• _HOW TO COMPLETE THIS TASK_:
Wherever "reason" occurs in the entries, copy the line that holds it.

• _DATA UNDER STUDY_:
_ _ _ _ _
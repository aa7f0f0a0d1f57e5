-- ===== src/Backend.antt =====
-- The life of a device: `resetClient`, `connect`, `open`, `close`, `activateAsyncRead`,
-- `activateSubscriptionSupport` and `setExceptionImpl` of src/OPC-UA-Backend.cc, and what the
-- constructor and the destructor of an accessor do with the subscription manager
-- (include/OPC-UA-BackendRegisterAccessor.h).
pub mod Pointers
pub mod Safety
pub mod Operations
pub mod Reachable
pub mod Closing
pub mod Opening
pub mod Recovery
pub mod Destruction
pub mod Abandoned
pub mod Construction
use device_access_opc_ua_bac.Prelude.{
  ℕ, zero, suc, Bool, true, false, not, ◌&&◌, ◌||◌, Text, codes, List, [], ◌∷◌, ◌++◌, Option, none,
  some, if◌then◌else◌,
}
use device_access_opc_ua_bac.Prelude.Deque
use device_access_opc_ua_bac.System.{
  System, NodeId, Thread, null, running, returned, Outcome, ok, raise, fault, is_connected, M,
  ◌>>=◌, ◌>>◌, done, get, put, throw, when, terminated,
}
use device_access_opc_ua_bac.Subscription.{
  DeleteAnswer, deactivate, reset_monitored_items, deactivate_all_and_push_exception, has_thread,
}
use device_access_opc_ua_bac.Subscription.Accessors.{without_accessor}
use device_access_opc_ua_bac.Subscription.Worker.{Round, start, stop_client_thread}
use device_access_opc_ua_bac.Subscription.Monitor.{
  CreateAnswer, MonitorAnswer, Pending, UnsubscribeAnswer, prepare, activate, subscribe,
  unsubscribe,
}
use device_access_opc_ua_bac.Callbacks.{ClientEvent, handle_all}

-- The deletions of the subscription, the rounds that the thread still makes, and the callbacks
-- that `UA_Client_disconnect` makes.
pub record ResetAnswer : Type 0 where
  pub deletion : DeleteAnswer
  pub rounds : List Round
  pub final_deletion : DeleteAnswer
  pub disconnect_events : List ClientEvent

unfoldable pub reset_manager : ResetAnswer → M (Unit {0})
unfolding deactivate reset_monitored_items stop_client_thread
reset_manager ans = do
  deactivate ans.deletion
  reset_monitored_items
  stop_client_thread ans.rounds ans.final_deletion

-- That the disconnection fails is only logged.
unfoldable pub reset_client : ResetAnswer → M (Unit {0})
unfolding reset_manager handle_all
reset_client ans = do
  s ← get
  when s.has_manager (reset_manager ans)
  handle_all ans.disconnect_events

-- The name of the status with which the connection was refused, if it was.
pub record ConnectAnswer : Type 0 where
  pub reset : ResetAnswer
  pub connect_events : List ClientEvent
  pub refusal : Option Text
  pub create : CreateAnswer
  pub monitor : ℕ → MonitorAnswer

abbrev pub connect_message : Text → Text → Text
connect_message address reason =
    codes "Failed to connect to opc server: " ++ (address ++ (codes " with reason: " ++ reason))

unfoldable pub take_connected : Text → ConnectAnswer → Option Text → M (Unit {0})
unfolding prepare
take_connected address ans (some reason) = throw (connect_message address reason)
take_connected address ans none = do s ← get; when s.has_manager (prepare ans.create ans.monitor)

unfoldable pub connect : Text → ConnectAnswer → M (Unit {0})
unfolding reset_client handle_all take_connected
connect address ans = do
  reset_client ans.reset
  handle_all ans.connect_events
  take_connected address ans ans.refusal

abbrev pub not_established : Text
not_established = codes "Connection could not be established."

-- The rest of the wait of `open`, with as many sleeps left; the callbacks that come in each go by
-- the number that is left. The connection is not looked at again after the last sleep.
unfoldable pub wait_for_client : ℕ → (ℕ → List ClientEvent) → M (Unit {0})
unfolding handle_all is_connected
wait_for_client zero events = throw not_established
wait_for_client (suc left) events =
    let rest = wait_for_client left events in
    do s ← get; if is_connected s then done else (do handle_all (events left); rest)

pub record OpenAnswer : Type 0 where
  pub rounds : List Round
  pub final_deletion : DeleteAnswer
  pub connection : ConnectAnswer
  pub sleep_events : ℕ → List ClientEvent

unfoldable pub reconnect : Text → OpenAnswer → M (Unit {0})
unfolding stop_client_thread connect
reconnect address ans = do
  s ← get
  when s.has_manager (stop_client_thread ans.rounds ans.final_deletion)
  connect address ans.connection

-- `setOpenedAndClearException` of the library's base class ends it.
unfoldable pub open_device : Text → OpenAnswer → M (Unit {0})
unfolding is_connected reconnect wait_for_client
open_device address ans = do
  s ← get
  when (not (is_connected s)) (reconnect address ans)
  wait_for_client 5 ans.sleep_events
  put λ s. record s { opened = true; active_exception = false }

unfoldable pub close_device : ResetAnswer → M (Unit {0})
unfolding reset_client
close_device ans = do put λ s. record s { opened = false }; reset_client ans

-- The constructor of the subscription manager.
unfoldable pub new_manager : M (Unit {0})
new_manager = put λ s. record s {
  has_manager = true;
  run = false;
  subscription_active = false;
  subscription_needs_to_be_removed = false;
  async_read_active = false;
  thread = null;
  subscription_id = 0;
  items = Deque.empty;
  subscription_map = [];
}

unfoldable pub activate_subscription_support : M (Unit {0})
unfolding new_manager
activate_subscription_support = do s ← get; when (not s.has_manager) new_manager

-- An exception that leaves a `noexcept` function terminates the program.
unfoldable pub noexcept : M (Unit {0}) → M (Unit {0})
noexcept m s = elim (m s) [ ok a t ↦ ok a t | raise e t ↦ fault terminated | fault x ↦ fault x ]

unfoldable pub start_if_needed : M (Unit {0})
unfolding start has_thread
start_if_needed = do s ← get; when (not (has_thread s.thread)) start

unfoldable pub enable_async_read : CreateAnswer → (ℕ → MonitorAnswer) → M (Unit {0})
unfolding activate_subscription_support activate start_if_needed
enable_async_read ans answers = do
  activate_subscription_support
  activate ans answers
  start_if_needed

-- `functional` is what `isFunctional` of the library's base class answers.
unfoldable pub try_async_read : Bool → CreateAnswer → (ℕ → MonitorAnswer) → M (Unit {0})
unfolding enable_async_read
try_async_read functional ans answers = when functional (enable_async_read ans answers)

unfoldable pub activate_async_read : Bool → CreateAnswer → (ℕ → MonitorAnswer) → M (Unit {0})
unfolding noexcept try_async_read
activate_async_read functional ans answers = noexcept (try_async_read functional ans answers)

abbrev pub other_accessor : Text
other_accessor = codes "Exception reported by another accessor."

unfoldable pub tell_accessors : DeleteAnswer → M (Unit {0})
unfolding deactivate_all_and_push_exception
tell_accessors d = do
  s ← get
  when s.has_manager (deactivate_all_and_push_exception other_accessor d)

unfoldable pub set_exception_impl : DeleteAnswer → M (Unit {0})
unfolding noexcept tell_accessors
set_exception_impl d = noexcept (tell_accessors d)

-- The accessor is alive while its constructor runs, and stays so unless it throws.
unfoldable pub constructing : ℕ → M (Unit {0}) → M (Unit {0})
constructing accessor m s = elim (m (record s { live = accessor ∷ s.live })) [
  | ok a t ↦ ok a t
  | raise e t ↦ raise e (record t { live = without_accessor accessor t.live })
  | fault x ↦ fault x
]

-- What the constructor of an accessor with `wait_for_new_data` does with the manager.
unfoldable pub join_manager :
    CreateAnswer → (ℕ → MonitorAnswer) → Pending → Text → NodeId → ℕ → M (Unit {0})
unfolding activate_subscription_support subscribe start_if_needed
join_manager ans answers p name node accessor = do
  activate_subscription_support
  subscribe ans answers p name node accessor
  s ← get
  when s.async_read_active start_if_needed

unfoldable pub attach_accessor :
    CreateAnswer → (ℕ → MonitorAnswer) → Pending → Text → NodeId → ℕ → M (Unit {0})
unfolding constructing join_manager
attach_accessor ans answers p name node accessor =
    constructing accessor (join_manager ans answers p name node accessor)

-- The destructor of such an accessor; from then on nobody may follow a pointer to it.
unfoldable pub detach_accessor : UnsubscribeAnswer → Text → ℕ → M (Unit {0})
unfolding unsubscribe without_accessor
detach_accessor ans name accessor = do
  put λ s. record s { live = without_accessor accessor s.live }
  unsubscribe ans name accessor
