-- ===== src/Backend/Abandoned.antt =====
-- An accessor whose constructor throws: `OpcUABackendRegisterAccessor` of
-- include/OPC-UA-BackendRegisterAccessor.h and `subscribe` of src/SubscriptionManager.cc.
use device_access_opc_ua_bac.Prelude.{ℕ, true, false, ◌≡◌, refl, Text, codes, List, [], ◌∷◌, arith}
use device_access_opc_ua_bac.Prelude.Map.{lookup}
use device_access_opc_ua_bac.Prelude.Deque
use device_access_opc_ua_bac.Prelude.Deque.{find_cell, update_cells}
use device_access_opc_ua_bac.Prelude.Deque.Writes.{among}
use device_access_opc_ua_bac.System.{System, NodeId, raise, fault, dangling_pointer}
use device_access_opc_ua_bac.Subscription.Accessors.{without_accessor, first_accessor}
use device_access_opc_ua_bac.Subscription.Monitor.{
  CreateAnswer, not_created, MonitorAnswer, Pending, new_item, create_subscription, take_created,
  subscribe, add_new_item, add_item, add_items, add_monitored_items,
}
use device_access_opc_ua_bac.Callbacks.{handle_all}
use device_access_opc_ua_bac.Backend.{
  activate_subscription_support, constructing, join_manager, attach_accessor,
}

without_itself : (x : ℕ) (l : List ℕ) → among x (without_accessor x l) ≡ false
unfolding among without_accessor
without_itself x [] = refl
without_itself x (a ∷ l) = ground (arith, without_itself x l)

-- The item of the new accessor is there, and the accessor is not.
abbrev abandoned : Text → NodeId → ℕ → System → System
abandoned name node accessor s = record s {
  items = Deque.push_back s.items (new_item name node accessor);
  live = without_accessor accessor (accessor ∷ s.live);
}

create_throws :
    (ans : CreateAnswer) (s : System)
    → s.subscription_id ≡ 0
    → ans.events ≡ []
    → ans.result ≡ not_created
    → create_subscription ans s ≡ raise (codes "Failed to set up subscription.") s
unfolding create_subscription handle_all take_created
create_throws ans s no_id quiet refused = rw (no_id, quiet, refused) refl

attach_throws :
    (ans : CreateAnswer) (answers : ℕ → MonitorAnswer) (p : Pending) (name : Text) (node : NodeId)
    (accessor : ℕ) (s : System)
    → s.items.cells ≡ []
    → s.has_manager ≡ true
    → s.async_read_active ≡ true
    → s.subscription_active ≡ false
    → s.subscription_id ≡ 0
    → ans.events ≡ []
    → ans.result ≡ not_created
    → attach_accessor ans answers p name node accessor s
      ≡ raise (codes "Failed to set up subscription.") (abandoned name node accessor s)
unfolding attach_accessor constructing join_manager activate_subscription_support subscribe
    find_cell add_new_item
attach_throws ans answers p name node accessor s empty has async inactive no_id quiet refused =
    let grown : System = record s {
      items = Deque.push_back s.items (new_item name node accessor);
      live = accessor ∷ s.live;
    } in
    ground (arith, empty, has, async, inactive, create_throws ans grown no_id quiet refused)

follows_it :
    (answers : ℕ → MonitorAnswer) (name : Text) (node : NodeId) (accessor : ℕ) (s : System)
    → s.items.cells ≡ []
    → add_monitored_items answers (abandoned name node accessor s) ≡ fault dangling_pointer
unfolding add_monitored_items add_items add_item lookup first_accessor update_cells
follows_it answers name node accessor s empty =
    ground (arith, empty, without_itself accessor (accessor ∷ s.live))

-- An accessor that is the first to wait for data after activateAsyncRead, on a device whose subscription is
-- gone, throws out of its constructor where the server refuses a new subscription. Its item stays, with
-- a pointer to the accessor that was never constructed, and the next request for the items follows it.
pub attach_accessor_dangling :
    (ans : CreateAnswer) (answers later : ℕ → MonitorAnswer) (p : Pending) (name : Text)
    (node : NodeId) (accessor : ℕ) (s : System)
    → s.items.cells ≡ []
    → s.has_manager ≡ true
    → s.async_read_active ≡ true
    → s.subscription_active ≡ false
    → s.subscription_id ≡ 0
    → ans.events ≡ []
    → ans.result ≡ not_created
    → (t : System) × (attach_accessor ans answers p name node accessor s
        ≡ raise (codes "Failed to set up subscription.") t)
      × (add_monitored_items later t ≡ fault dangling_pointer)
attach_accessor_dangling ans answers later p name node accessor s empty has async inactive no_id
      quiet refused =
    (
      abandoned name node accessor s,
      attach_throws ans answers p name node accessor s empty has async inactive no_id quiet refused,
      follows_it later name node accessor s empty,
    )
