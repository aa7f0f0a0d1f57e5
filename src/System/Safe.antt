-- ===== src/System/Safe.antt =====
-- Postconditions of the operations on the shared state.
use device_access_opc_ua_bac.Prelude.{Bool, true, false, ◌≡◌, refl, ap, if◌then◌else◌}
use device_access_opc_ua_bac.System.{
  System, Outcome, Fault, dangling_pointer, null_pointer, out_of_bounds, terminated, waits_forever,
  ok, raise, fault, M, ◌>>=◌, when,
}

-- A wait that does not end is no fault of this kind: where a wait ends is shown by itself.
abbrev pub IsWait : Fault → Type 0
IsWait dangling_pointer = ⊥
IsWait null_pointer = ⊥
IsWait out_of_bounds = ⊥
IsWait terminated = ⊥
IsWait waits_forever = Unit {0}

-- Nothing undefined or fatal happens, and the state that it leaves, by a return or an exception, has `P`.
abbrev pub Safe {ℓ} : {A : Type ℓ} → (System → Type 0) → Outcome A → Type 0
Safe P (ok a s) = P s
Safe P (raise e s) = P s
Safe P (fault x) = IsWait x

abbrev pub Keeps {ℓ} : {A : Type ℓ} → (System → Type 0) → M A → Type 0
Keeps P m = (s : System) → P s → Safe P (m s)

-- What holds after a block: its first part gives `Q`, and from `Q` the rest gives `P`.
pub Safe-bind {ℓ κ} :
    {A : Type ℓ} {B : Type κ} (Q P : System → Type 0) (m : M A) (f : A → M B) (s : System)
    → ((t : System) → Q t → P t)
    → Safe Q (m s)
    → ((a : A) (t : System) → Q t → Safe P (f a t))
    → Safe P ((m >>= f) s)
Safe-bind Q P m f s w h k = go (m s) h
  where
    go :
        (o : Outcome _)
        → Safe Q o
        → Safe P (elim o [ ok a t ↦ f a t | raise e t ↦ raise e t | fault x ↦ fault x ])
    go (ok a t) q = k a t q
    go (raise e t) q = w t q
    go (fault x) q = q

pub Keeps-bind {ℓ κ} :
    {A : Type ℓ} {B : Type κ} (P : System → Type 0) (m : M A) (f : A → M B)
    → Keeps P m
    → ((a : A) → Keeps P (f a))
    → Keeps P (m >>= f)
Keeps-bind P m f h k s p = Safe-bind P P m f s (λ t q. q) (h s p) k

pub Keeps-when :
    (P : System → Type 0) (b : Bool) (m : M (Unit {0})) → Keeps P m → Keeps P (when b m)
Keeps-when P true m h = h
Keeps-when P false m h = λ s p. p

pub Safe-if {ℓ} :
    {A : Type ℓ} (P : System → Type 0) (b : Bool) (m n : M A) (s : System)
    → (b ≡ true → Safe P (m s))
    → (b ≡ false → Safe P (n s))
    → Safe P ((if b then m else n) s)
Safe-if P true m n s h k = h refl
Safe-if P false m n s h k = k refl

-- As `Keeps-when`, with the test at hand.
pub Safe-when :
    (P : System → Type 0) (b : Bool) (m : M (Unit {0})) (s : System)
    → P s
    → (b ≡ true → Safe P (m s))
    → Safe P (when b m s)
Safe-when P true m s p h = h refl
Safe-when P false m s p h = p

pub when-false : (b : Bool) (m : M (Unit {0})) (s : System) → b ≡ false → when b m s ≡ ok tt s
when-false b m s e = rw e

-- What a bind does where the first operation is known.
pub bind_ok {ℓ κ} :
    {A : Type ℓ} {B : Type κ} (m : M A) (f : A → M B) (s : System) (a : A) (t : System)
    → m s ≡ ok a t
    → (m >>= f) s ≡ f a t
bind_ok m f s a t = ap λ o. elim o [ ok b u ↦ f b u | raise e u ↦ raise e u | fault x ↦ fault x ]

pub bind_fault {ℓ κ} :
    {A : Type ℓ} {B : Type κ} (m : M A) (f : A → M B) (s : System) (x : Fault)
    → m s ≡ fault x
    → (m >>= f) s ≡ fault x
bind_fault m f s x = ap λ o. elim o [ ok b u ↦ f b u | raise e u ↦ raise e u | fault y ↦ fault y ]

-- Whether the operation throws.
abbrev pub DoesNotThrow {ℓ} : {A : Type ℓ} → Outcome A → Type 0
DoesNotThrow (ok a s) = Unit {0}
DoesNotThrow (raise e s) = ⊥
DoesNotThrow (fault x) = Unit {0}

abbrev pub NoThrow {ℓ} : {A : Type ℓ} → M A → Type 0
NoThrow m = (s : System) → DoesNotThrow (m s)

pub NoThrow-bind {ℓ κ} :
    {A : Type ℓ} {B : Type κ} (m : M A) (f : A → M B)
    → NoThrow m
    → ((a : A) → NoThrow (f a))
    → NoThrow (m >>= f)
NoThrow-bind {A} m f h k s = go (m s) (h s)
  where
    go :
        (o : Outcome A)
        → DoesNotThrow o
        → DoesNotThrow (elim o [ ok a t ↦ f a t | raise e t ↦ raise e t | fault x ↦ fault x ])
    go (ok a t) q = k a t
    go (raise e t) q = absurd q
    go (fault x) q = tt

-- As `NoThrow-bind`, at one state.
pub DoesNotThrow-bind {ℓ κ} :
    {A : Type ℓ} {B : Type κ} (Q : System → Type 0) (m : M A) (f : A → M B) (s : System)
    → Safe Q (m s)
    → DoesNotThrow (m s)
    → ((a : A) (t : System) → Q t → DoesNotThrow (f a t))
    → DoesNotThrow ((m >>= f) s)
DoesNotThrow-bind {A} Q m f s h k q = go (m s) h k
  where
    go :
        (o : Outcome A)
        → Safe Q o
        → DoesNotThrow o
        → DoesNotThrow (elim o [ ok a t ↦ f a t | raise e t ↦ raise e t | fault x ↦ fault x ])
    go (ok a t) h k = q a t h
    go (raise e t) h k = absurd k
    go (fault x) h k = tt

pub DoesNotThrow-when :
    (b : Bool) (m : M (Unit {0})) (s : System) → DoesNotThrow (m s) → DoesNotThrow (when b m s)
DoesNotThrow-when true m s h = h
DoesNotThrow-when false m s h = tt

pub NoThrow-when : (b : Bool) (m : M (Unit {0})) → NoThrow m → NoThrow (when b m)
NoThrow-when true m h = h
NoThrow-when false m h = λ s. tt

pub NoThrow-if {ℓ} :
    {A : Type ℓ} (b : Bool) (m n : M A) → NoThrow m → NoThrow n → NoThrow (if b then m else n)
NoThrow-if true m n h k = h
NoThrow-if false m n h k = k

-- As `Safe`, with another state predicate where the operation throws.
abbrev pub Ends {ℓ} : {A : Type ℓ} → (System → Type 0) → (System → Type 0) → Outcome A → Type 0
Ends P E (ok a s) = P s
Ends P E (raise e s) = E s
Ends P E (fault x) = IsWait x

pub Ends-bind {ℓ κ} :
    {A : Type ℓ} {B : Type κ} (Q P E : System → Type 0) (m : M A) (f : A → M B) (s : System)
    → Ends Q E (m s)
    → ((a : A) (t : System) → Q t → Ends P E (f a t))
    → Ends P E ((m >>= f) s)
Ends-bind {A} Q P E m f s h k = go (m s) h
  where
    go :
        (o : Outcome A)
        → Ends Q E o
        → Ends P E (elim o [ ok a t ↦ f a t | raise e t ↦ raise e t | fault x ↦ fault x ])
    go (ok a t) q = k a t q
    go (raise e t) q = q
    go (fault x) q = q

pub Safe-Ends {ℓ} : {A : Type ℓ} (P : System → Type 0) (r : Outcome A) → Safe P r → Ends P P r
Safe-Ends P (ok a s) h = h
Safe-Ends P (raise e s) h = h
Safe-Ends P (fault x) h = h

pub Ends-Safe {ℓ} : {A : Type ℓ} (P : System → Type 0) (r : Outcome A) → Ends P P r → Safe P r
Ends-Safe P (ok a s) h = h
Ends-Safe P (raise e s) h = h
Ends-Safe P (fault x) h = h
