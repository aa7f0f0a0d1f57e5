-- ===== src/System/Returns.antt =====
-- Operations that return: neither a fault nor an exception.
use device_access_opc_ua_bac.Prelude.{Bool, true, false, ◌≡◌, refl, if◌then◌else◌}
use device_access_opc_ua_bac.System.{System, Outcome, ok, raise, fault, M, ◌>>=◌, when}
use device_access_opc_ua_bac.System.Safe.{Safe}

abbrev pub Returns {ℓ} : {A : Type ℓ} → (System → Type 0) → Outcome A → Type 0
Returns P (ok a s) = P s
Returns P (raise e s) = ⊥
Returns P (fault x) = ⊥

pub Safe-of_Returns {ℓ} :
    {A : Type ℓ} (Q P : System → Type 0) (r : Outcome A)
    → ((t : System) → Q t → P t)
    → Returns Q r
    → Safe P r
Safe-of_Returns Q P (ok a s) k h = k s h
Safe-of_Returns Q P (raise e s) k h = absurd h
Safe-of_Returns Q P (fault x) k h = absurd h

pub Returns-bind {ℓ κ} :
    {A : Type ℓ} {B : Type κ} (Q P : System → Type 0) (m : M A) (f : A → M B) (s : System)
    → Returns Q (m s)
    → ((a : A) (t : System) → Q t → Returns P (f a t))
    → Returns P ((m >>= f) s)
Returns-bind {A} Q P m f s h k = go (m s) h
  where
    go :
        (o : Outcome A)
        → Returns Q o
        → Returns P (elim o [ ok a t ↦ f a t | raise e t ↦ raise e t | fault x ↦ fault x ])
    go (ok a t) q = k a t q
    go (raise e t) q = q
    go (fault x) q = q

-- The same where the rest may throw.
pub Returns-Safe {ℓ κ} :
    {A : Type ℓ} {B : Type κ} (Q P : System → Type 0) (m : M A) (f : A → M B) (s : System)
    → Returns Q (m s)
    → ((a : A) (t : System) → Q t → Safe P (f a t))
    → Safe P ((m >>= f) s)
Returns-Safe {A} Q P m f s h k = go (m s) h
  where
    go :
        (o : Outcome A)
        → Returns Q o
        → Safe P (elim o [ ok a t ↦ f a t | raise e t ↦ raise e t | fault x ↦ fault x ])
    go (ok a t) q = k a t q
    go (raise e t) q = absurd q
    go (fault x) q = absurd q

pub Returns-when :
    (P : System → Type 0) (b : Bool) (m : M (Unit {0})) (s : System)
    → (b ≡ false → P s)
    → (b ≡ true → Returns P (m s))
    → Returns P (when b m s)
Returns-when P true m s p h = h refl
Returns-when P false m s p h = p refl

pub Returns-if {ℓ} :
    {A : Type ℓ} (P : System → Type 0) (b : Bool) (m n : M A) (s : System)
    → (b ≡ true → Returns P (m s))
    → (b ≡ false → Returns P (n s))
    → Returns P ((if b then m else n) s)
Returns-if P true m n s h k = h refl
Returns-if P false m n s h k = k refl

pub Returns-both {ℓ} :
    {A : Type ℓ} (P Q : System → Type 0) (r : Outcome A)
    → Returns P r
    → Returns Q r
    → Returns (λ t. P t × Q t) r
Returns-both P Q (ok a s) h k = (h, k)
Returns-both P Q (raise e s) h k = h
Returns-both P Q (fault x) h k = h

pub Returns-weaken {ℓ} :
    {A : Type ℓ} (Q P : System → Type 0) (r : Outcome A)
    → ((t : System) → Q t → P t)
    → Returns Q r
    → Returns P r
Returns-weaken Q P (ok a s) k h = k s h
Returns-weaken Q P (raise e s) k h = h
Returns-weaken Q P (fault x) k h = h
_ _ _ _ _
• _ANSWER TO THE EXERCISE_:
connect_message address reason =
    codes "Failed to connect to opc server: " ++ (address ++ (codes " with reason: " ++ reason))
take_connected address ans (some reason) = throw (connect_message address reason)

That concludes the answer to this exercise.